Hey man I saw your boat pinned on river right pretty badly while I was driving down the canyon. Not sure which mile marker it was near but it was down the canyon about a mile from the light that goes to blackhawk. Good luck with everything


----------



## mp (Feb 4, 2004)

it was eddied out at the top of the golden whitewater park right across from the RV park at 9:30 am on Sunday. It was not moving someone was over on that side of the river with it, hope it was you.


----------



## coloclimber512 (Aug 29, 2009)

This must be the boat that J.Thompson tried to get out.
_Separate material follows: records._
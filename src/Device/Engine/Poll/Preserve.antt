-- ===== src/Device/Engine/Poll/Preserve.antt =====
-- src/device/engine.rs: frames and `poll`, with the order of the engine.
use sony_buds_tray_control.Device.Engine.Defs.{Engine, Wait}
use sony_buds_tray_control.Device.Engine.Dispatch.Preserve.{
  handle_command_t1-Good, handle_command_t2-Good,
}
use sony_buds_tray_control.Device.Engine.Frames.{
  flush_send_buf, handle_frame, max_frame, position, process_frame, process_from, recv_into_buffer,
  refused, send_ack, take_frame,
}
use sony_buds_tray_control.Device.Engine.Invariant.{EngineOk}
use sony_buds_tray_control.Device.Engine.Poll.{flushed, poll, process, receive}
use sony_buds_tray_control.Device.Engine.Runner.{check_deadline, start}
use sony_buds_tray_control.Device.Engine.Stable.{BandsOk, BandsOk-Stable, EngineOk-Stable, Stable}
use sony_buds_tray_control.Prelude.{
  List, Option-cases, Result, Result-cases, [], drop, err, inl, inr, none, ok, refl, some, subst,
  suc, sym, take, zero, ℕ, ◌∷◌, ◌≡◌,
}
use sony_buds_tray_control.Protocol.Enums.{DataType, data_type_enum}
use sony_buds_tray_control.Protocol.Packet.{
  Frame, UnpackResult, end_marker, start_marker, unpack_full,
}
use sony_buds_tray_control.Transport.{PollStatus, Transport, TransportError, ready, timed_out}

module _ {Good : Engine → Type 0} (stable : Stable Good) where
  send_ack-Good : (seq : ℕ) (e : Engine) → Good e → Good (send_ack seq e)
  unfolding send_ack
  send_ack-Good seq e good = stable.put_buffers e _ _ good

  handle_frame_type :
      (now : ℕ) (type : DataType) (seq : ℕ) (payload : List ℕ) (e : Engine)
      → Good e
      → Good ((handle_frame now (record { type = type; seq = seq; payload = payload }) e).0)
  unfolding handle_frame
  handle_frame_type now DataType.ack seq payload e good = stable.advanced now Wait.ack e good
  handle_frame_type now DataType.data_mdr seq payload e good =
      handle_command_t1-Good stable now payload (send_ack seq e) (send_ack-Good seq e good)
  handle_frame_type now DataType.data_mdr_no2 seq payload e good =
      handle_command_t2-Good stable now payload (send_ack seq e) (send_ack-Good seq e good)
  handle_frame_type now _ seq payload e good = good

  take_frame-ok :
      (now : ℕ) (frame rest : List ℕ) (e : Engine) (f : Frame)
      → unpack_full frame ≡ ok f
      → take_frame now frame rest e ≡ handle_frame now f (record e { recv_buf = rest })
  unfolding take_frame
  take_frame-ok now frame rest e f h = rw (take_frame, h) refl

  take_frame-err :
      (now : ℕ) (frame rest : List ℕ) (e : Engine) (why : UnpackResult)
      → unpack_full frame ≡ err why
      → take_frame now frame rest e ≡ (record e { recv_buf = refused why frame rest }, none)
  unfolding take_frame
  take_frame-err now frame rest e why h = rw (take_frame, h) refl

  take_frame-Good :
      (now : ℕ) (frame rest : List ℕ) (e : Engine) → Good e → Good ((take_frame now frame rest e).0)
  take_frame-Good now frame rest e good = elim (Result-cases (unpack_full frame)) [
    | inl (f, whole) ↦
        subst (λ o. Good o.0) (sym (take_frame-ok now frame rest e f whole))
          (handle_frame_type now f.type f.seq f.payload (record e { recv_buf = rest })
            (stable.put_buffers e rest e.send_buf good))
    | inr (why, bad) ↦
        subst (λ o. Good o.0) (sym (take_frame-err now frame rest e why bad))
          (stable.put_buffers e _ e.send_buf good)
  ]

  process_from-some :
      (now : ℕ) (buf : List ℕ) (e : Engine) (end : ℕ)
      → position end_marker buf ≡ some end
      → Good e
      → Good ((process_from now buf e).0)
  unfolding process_from
  process_from-some now buf e zero h good =
      rw (process_from, h) (stable.put_buffers e _ e.send_buf good)
  process_from-some now buf e (suc end) h good =
      rw (process_from, h)
        (take_frame-Good now (take (suc (suc end)) buf) (drop (suc (suc end)) buf) e good)

  process_from-Good :
      (now : ℕ) (buf : List ℕ) (e : Engine) → Good e → Good ((process_from now buf e).0)
  unfolding process_from
  process_from-Good now buf e good = elim (Option-cases (position end_marker buf)) [
    | inl open' ↦ rw (process_from, open') (stable.put_buffers e buf e.send_buf good)
    | inr (end, found) ↦ process_from-some now buf e end found good
  ]

  process_frame-Good : (now : ℕ) (e : Engine) → Good e → Good ((process_frame now e).0)
  unfolding process_frame
  process_frame-Good now e good = elim (Option-cases (position start_marker e.recv_buf)) [
    | inl nothing ↦ rw (process_frame, nothing) good
    | inr (start, found) ↦
        rw (process_frame, found) (process_from-Good now (drop start e.recv_buf) e good)
  ]

  process-Good : (now : ℕ) (e : Engine) → Good e → Good ((process now e).0)
  unfolding process
  process-Good now e good = elim (Option-cases (process_frame now e).1) [
    | inl silent ↦
        rw (process, silent)
          (stable.completed (process_frame now e).0 (process_frame-Good now e good))
    | inr (ev, reported) ↦ rw (process, reported) (process_frame-Good now e good)
  ]

  -- A read that succeeds leaves the engine in order.
  abbrev ReadOk : Result TransportError Engine → Type 0
  ReadOk (ok e) = Good e
  ReadOk (err _) = Unit

  module _ {C : Type 0} (t : Transport C) where
    recv-some :
        (e : Engine) (c : C) (bytes : List ℕ)
        → (t.recv max_frame c).0 ≡ ok bytes
        → Good e
        → ReadOk (recv_into_buffer t e c).0
    unfolding recv_into_buffer
    recv-some e c [] h good = rw (recv_into_buffer, h) tt
    recv-some e c (b ∷ bs) h good =
        rw (recv_into_buffer, h) (stable.put_buffers e _ e.send_buf good)

    recv_into_buffer-ReadOk : (e : Engine) (c : C) → Good e → ReadOk (recv_into_buffer t e c).0
    unfolding recv_into_buffer
    recv_into_buffer-ReadOk e c good = elim (Result-cases (t.recv max_frame c).0) [
      | inl (bytes, h) ↦ recv-some e c bytes h good
      | inr (why, h) ↦ rw (recv_into_buffer, h) tt
    ]

    receive_status :
        (now : ℕ) (e : Engine) (c : C) (status : PollStatus)
        → (t.poll_read c).0 ≡ ok status
        → Good e
        → Good ((receive t now e c).0.0)
    unfolding receive
    receive_status now e c PollStatus.timeout h good = rw (receive, h) (process-Good now e good)
    receive_status now e c ready h good =
        let c' = (t.poll_read c).1 in
        elim (Result-cases (recv_into_buffer t e c').0) [
          | inl (e', got) ↦
              rw (receive, h, got)
                (process-Good now e' (subst ReadOk got (recv_into_buffer-ReadOk e c' good)))
          | inr (why, got) ↦ rw (receive, h, got) good
        ]

    receive_error :
        (now : ℕ) (e : Engine) (c : C) (why : TransportError)
        → (t.poll_read c).0 ≡ err why
        → Good e
        → Good ((receive t now e c).0.0)
    unfolding receive
    receive_error now e c timed_out h good = rw (receive, h) (process-Good now e good)
    receive_error now e c _ h good = rw (receive, h) good

    receive-Good : (now : ℕ) (e : Engine) (c : C) → Good e → Good ((receive t now e c).0.0)
    receive-Good now e c good = elim (Result-cases (t.poll_read c).0) [
      | inl (status, h) ↦ receive_status now e c status h good
      | inr (why, h) ↦ receive_error now e c why h good
    ]

    flushed-Good : (now : ℕ) (e : Engine) (c : C) → Good e → Good ((flushed t now e c).0.0)
    unfolding flushed
    flushed-Good now e c good = elim (Option-cases (flush_send_buf t e c).error) [
      | inl done' ↦
          rw (flushed, done') (receive-Good now _ _ (stable.put_buffers e e.recv_buf _ good))
      | inr (why, failed') ↦ rw (flushed, failed') (stable.put_buffers e e.recv_buf _ good)
    ]

    pub poll-Good : (now : ℕ) (e : Engine) (c : C) → Good e → Good ((poll t now e c).0.0)
    unfolding poll
    poll-Good now e c good =
        let checked = stable.checked now e good in
        elim (Option-cases (check_deadline now e).1) [
          | inl silent ↦ rw (poll, silent) (flushed-Good now (check_deadline now e).0 c checked)
          | inr (ev, reported) ↦ rw (poll, reported) checked
        ]

module _ {C : Type 0} (t : Transport C) where
  -- One iteration of the loop keeps the engine in order, whatever the transport answers to each call
  -- and whatever bytes the device sends: the sequence number stays 0 or 1, the step in front of the
  -- task is one that was started and has a deadline, or the task has ended, and no step was resent
  -- more than three times.
  pub poll-EngineOk : (now : ℕ) (e : Engine) (c : C) → EngineOk e → EngineOk ((poll t now e c).0.0)
  poll-EngineOk now e c good = poll-Good EngineOk-Stable t now e c good

  -- One iteration of the loop leaves the equalizer with ten bands at most if it had ten at most,
  -- whatever the transport answers and whatever bytes the device sends.
  pub poll-BandsOk : (now : ℕ) (e : Engine) (c : C) → BandsOk e → BandsOk ((poll t now e c).0.0)
  poll-BandsOk now e c few = poll-Good BandsOk-Stable t now e c few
We helped him get a ducky out of the river at double knife rapid on upper clear creek. Looks like he tried to brinyour boat to shore as well. But didn't have much luck. Just in the 20 mind or so of getting the ducky out, 2 raft paddles floated down and there was more stuff in eddies all the way to ccpp im sure. Hope you're able to retrieve your raft. ....here is the post regarding your boat. http://www.mountainbuzz.com/forums/f11/your-lost-boat-s-on-clear-creek-37932.html


----------



## cpax (Jun 26, 2011)

*Thanks*

Thanks mp, 

I got your phone call but the raft was gone by the time I got there. Hopefully the person who salvaged the wreck can get a hold of me.

Regards, 

Calvin


----------



## J. Thompson (Jun 14, 2011)

Calvin,

I think I have your bow line, D ring , carabiner, and cam strap.
Give me a call and I'll get them back to you.
720-298-3753

josh


----------